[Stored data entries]

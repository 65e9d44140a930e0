-- ===== src/UserLib/Strings.antt =====
-- The functions of scheduler/lib/string.c on strings. A string is the list of the bytes before its NUL,
-- as `unsigned char`s; a position in it is the text from there on.
use features_operating_syste.Prelude.{
  ℕ, zero, suc, ◌+◌, ◌*◌, ◌-◌, ◌%◌, ◌^◌, ◌≤◌, ◌≡◌, refl, ap, Bool, true, false, ◌&&◌, ◌||◌, Option,
  none, some, List, [], ◌∷◌, leb, ltb, ◌==◌, if◌then◌else◌, length, take, ℤ, pos, negsuc, ==_refl,
  arith,
}
use features_operating_syste.UserLib.Blocks.{resta}

abbrev pub strlen : List ℕ → ℕ
strlen s = length s

unfoldable pub strnlen : List ℕ → ℕ → ℕ
strnlen s zero = 0
strnlen [] (suc size) = 0
strnlen (x ∷ s) (suc size) = suc (strnlen s size)

-- The `size` bytes that are written.
unfoldable pub strncpy : List ℕ → ℕ → List ℕ
strncpy src zero = []
strncpy [] (suc size) = 0 ∷ strncpy [] size
strncpy (x ∷ src) (suc size) = x ∷ strncpy src size

-- The text that is written before a NUL; with a size of 0 nothing is written. The length of the text is
-- returned.
unfoldable pub strlcpy : List ℕ → ℕ → Option (List ℕ)
strlcpy src zero = none
strlcpy src (suc size) = some (take size src)

unfoldable pub strcmp : List ℕ → List ℕ → ℤ
strcmp [] [] = pos 0
strcmp [] (y ∷ q) = resta 0 y
strcmp (x ∷ p) [] = resta x 0
strcmp (x ∷ p) (y ∷ q) = let resto = strcmp p q in if x == y then resto else resta x y

unfoldable pub strncmp : List ℕ → List ℕ → ℕ → ℤ
strncmp p q zero = pos 0
strncmp [] [] (suc n) = pos 0
strncmp [] (y ∷ q) (suc n) = resta 0 y
strncmp (x ∷ p) [] (suc n) = resta x 0
strncmp (x ∷ p) (y ∷ q) (suc n) = let resto = strncmp p q n in if x == y then resto else resta x y

-- `none` is a null pointer.
unfoldable pub strchr : List ℕ → ℕ → Option (List ℕ)
strchr [] c = none
strchr (x ∷ s) c = let resto = strchr s c in if x == c then some (x ∷ s) else resto

unfoldable pub strfind : List ℕ → ℕ → List ℕ
strfind [] c = []
strfind (x ∷ s) c = let resto = strfind s c in if x == c then x ∷ s else resto

-- `while (*s == ' ' || *s == '\t') s++;`
unfoldable pub sin_blancos : List ℕ → List ℕ
sin_blancos [] = []
sin_blancos (x ∷ s) =
    let resto = sin_blancos s in if (x == b' ') || (x == b'\t') then resto else x ∷ s

abbrev pub entre : ℕ → ℕ → ℕ → Bool
entre a b x = leb a x && leb x b

-- The value of a digit.
abbrev pub digito : ℕ → Option ℕ
digito x =
    if entre b'0' b'9' x
    then some (x - b'0')
    else if entre b'a' b'z' x
    then some (x - b'a' + 10)
    else if entre b'A' b'Z' x
    then some (x - b'A' + 10)
    else none

-- The loop on digits: `val` as a word of 32 bits, which wraps around, and the text behind them.
unfoldable pub digitos : ℕ → ℕ → List ℕ → ℕ × List ℕ
digitos base val [] = (val, [])
digitos base val (x ∷ s) = elim (digito x) [
  | none ↦ (val, x ∷ s)
  | some dig ↦
      let resto = digitos base ((val * base + dig) % 2 ^ 32) s in
      if leb base dig then (val, x ∷ s) else resto
]

-- The sign, and the text behind it.
abbrev pub signo : List ℕ → Bool × List ℕ
signo [] = (false, [])
signo (x ∷ s) = if x == b'+' then (false, s) else if x == b'-' then (true, s) else (false, x ∷ s)

-- The base that is meant, and the text behind its prefix.
abbrev pub prefijo : ℕ → List ℕ → ℕ × List ℕ
prefijo base [] = (if base == 0 then 10 else base, [])
prefijo base (x ∷ []) =
    if (base == 0) && (x == b'0') then (8, []) else (if base == 0 then 10 else base, x ∷ [])
prefijo base (x ∷ y ∷ s) =
    if ((base == 0) || (base == 16)) && (x == b'0') && (y == b'x')
    then (16, s)
    else if (base == 0) && (x == b'0')
    then (8, y ∷ s)
    else (if base == 0 then 10 else base, x ∷ y ∷ s)

-- A word read as a `long` of 32 bits.
abbrev pub como_long : ℕ → ℤ
como_long n = if ltb n (2 ^ 31) then pos n else negsuc (2 ^ 32 - 1 - n)

-- `neg ? -val : val`
abbrev pub con_signo : Bool → ℕ → ℤ
con_signo false n = como_long n
con_signo true n = como_long ((2 ^ 32 - n) % 2 ^ 32)

-- The number and what `*endptr` is set to.
unfoldable pub strtol : List ℕ → ℕ → ℤ × List ℕ
unfolding sin_blancos digitos
strtol s base =
    let (neg, s1) = signo (sin_blancos s) in
    let (b, s2) = prefijo base s1 in let (val, s3) = digitos b 0 s2 in (con_signo neg val, s3)

-- Equal strings compare as 0.
strcmp-igual : (p : List ℕ) → strcmp p p ≡ pos 0
unfolding strcmp
strcmp-igual [] = refl
strcmp-igual (x ∷ p) = rw (==_refl x) (strcmp-igual p)

take-todo : (src : List ℕ) (n : ℕ) → length src ≤ n → take n src ≡ src
take-todo [] zero h = refl
take-todo [] (suc n) h = refl
take-todo (x ∷ src) zero h = ground arith
take-todo (x ∷ src) (suc n) h = ap (◌∷◌ x) (take-todo src n (omega (arith, h)))

-- The copy of a string with room for its NUL is the string.
strlcpy-entera : (src : List ℕ) (size : ℕ) → length src ≤ size → strlcpy src (suc size) ≡ some src
unfolding strlcpy
strlcpy-entera src size h = ap some (take-todo src size h)
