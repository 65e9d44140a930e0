-- ===== src/UserLib/Format/Orders.antt =====
-- What stands behind a % in a format of scheduler/lib/printfmt.c: flags, width and precision.
use features_operating_syste.Prelude.{
  ℕ, zero, suc, ◌+◌, ◌-◌, ◌*◌, Bool, true, false, ◌&&◌, Option, none, some, List, [], ◌∷◌, leb,
  ◌==◌, if◌then◌else◌, ℤ, pos, negsuc, ltb_ℤ,
}
use features_operating_syste.UserLib.Format.Numbers.{Argumento, palabra, larga, cadena, como_entero}

pub record Opciones : Type 0 where
  pub padc : ℕ
  pub width : ℤ
  pub precision : ℤ
  pub lflag : ℕ
  pub altflag : Bool

abbrev pub sin_opciones : Opciones
sin_opciones = record {
  padc = b' ';
  width = negsuc 0;
  precision = negsuc 0;
  lflag = 0;
  altflag = false;
}

-- The character that says what is to be printed (0 at the end of the format), what the flags say, the
-- text behind it, and the arguments that are left.
pub record Orden : Type 0 where
  pub letra : ℕ
  pub opciones : Opciones
  pub resto : List ℕ
  pub args : List Argumento

-- `process_precision`
abbrev pub process_precision : ℤ → Opciones → Opciones
process_precision v o =
    if ltb_ℤ o.width (pos 0)
    then record o { width = v; precision = negsuc 0 }
    else record o { precision = v }

abbrev pub es_cifra : ℕ → Bool
es_cifra c = leb b'0' c && leb c b'9'

-- The number that begins with the digits read so far, and the text behind it.
unfoldable pub numero : ℕ → List ℕ → ℕ × List ℕ
numero v [] = (v, [])
numero v (c ∷ fmt) =
    let resto = numero (v * 10 + (c - b'0')) fmt in if es_cifra c then resto else (v, c ∷ fmt)

abbrev pub va_palabra : List Argumento → Option (ℕ × List Argumento)
va_palabra [] = none
va_palabra (palabra v ∷ args) = some (v, args)
va_palabra (larga v ∷ args) = none
va_palabra (cadena s ∷ args) = none

-- What a character behind the % does: it is a flag, and there is more to read; or it is none.
pub data Paso : Type 0 where
  otra : Opciones → List ℕ → List Argumento → Paso
  falta conversion : Paso

abbrev pub estrella : Opciones → List ℕ → Option (ℕ × List Argumento) → Paso
estrella o fmt none = Paso.falta
estrella o fmt (some (w, args)) = Paso.otra (process_precision (como_entero w) o) fmt args

-- The labels of the flags; `fmt` is what stands behind `c`. `falta` is an argument that is not there, or is
-- of another type.
unfoldable pub bandera : ℕ → Opciones → List ℕ → List Argumento → Paso
unfolding numero
bandera c o fmt args =
    let (v, fmt') = numero (c - b'0') fmt in
    if c == b'-'
    then Paso.otra (record o { padc = b'-' }) fmt args
    else if c == b'0'
    then Paso.otra (record o { padc = b'0' }) fmt args
    else if es_cifra c
    then Paso.otra (process_precision (pos v) o) fmt' args
    else if c == b'*'
    then estrella o fmt (va_palabra args)
    else if c == b'.'
    then Paso.otra (if ltb_ℤ o.width (pos 0) then record o { width = pos 0 } else o) fmt args
    else if c == b'#'
    then Paso.otra (record o { altflag = true }) fmt args
    else if c == b'l'
    then Paso.otra (record o { lflag = o.lflag + 1 }) fmt args
    else Paso.conversion

-- The loop by `goto reswitch`; `n` is fuel for one flag each.
unfoldable pub leer_orden : ℕ → Opciones → List ℕ → List Argumento → Option Orden
unfolding bandera
leer_orden zero o fmt args = none
leer_orden (suc n) o [] args = some (record { letra = 0; opciones = o; resto = []; args = args })
leer_orden (suc n) o (c ∷ fmt) args = elim (bandera c o fmt args) [
  | Paso.otra o' fmt' args' ↦ leer_orden n o' fmt' args'
  | Paso.falta ↦ none
  | Paso.conversion ↦ some (record { letra = c; opciones = o; resto = fmt; args = args })
]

■ Task requirements
Could you set down, word for word, only the lines above from the line with "signo (x ∷ s)" to the line with "prefijo base (x ∷ [])", including both?

■ Result of the exercise
signo (x ∷ s) = if x == b'+' then (false, s) else if x == b'-' then (true, s) else (false, x ∷ s)

-- The base that is meant, and the text behind its prefix.
abbrev pub prefijo : ℕ → List ℕ → ℕ × List ℕ
prefijo base [] = (if base == 0 then 10 else base, [])
prefijo base (x ∷ []) =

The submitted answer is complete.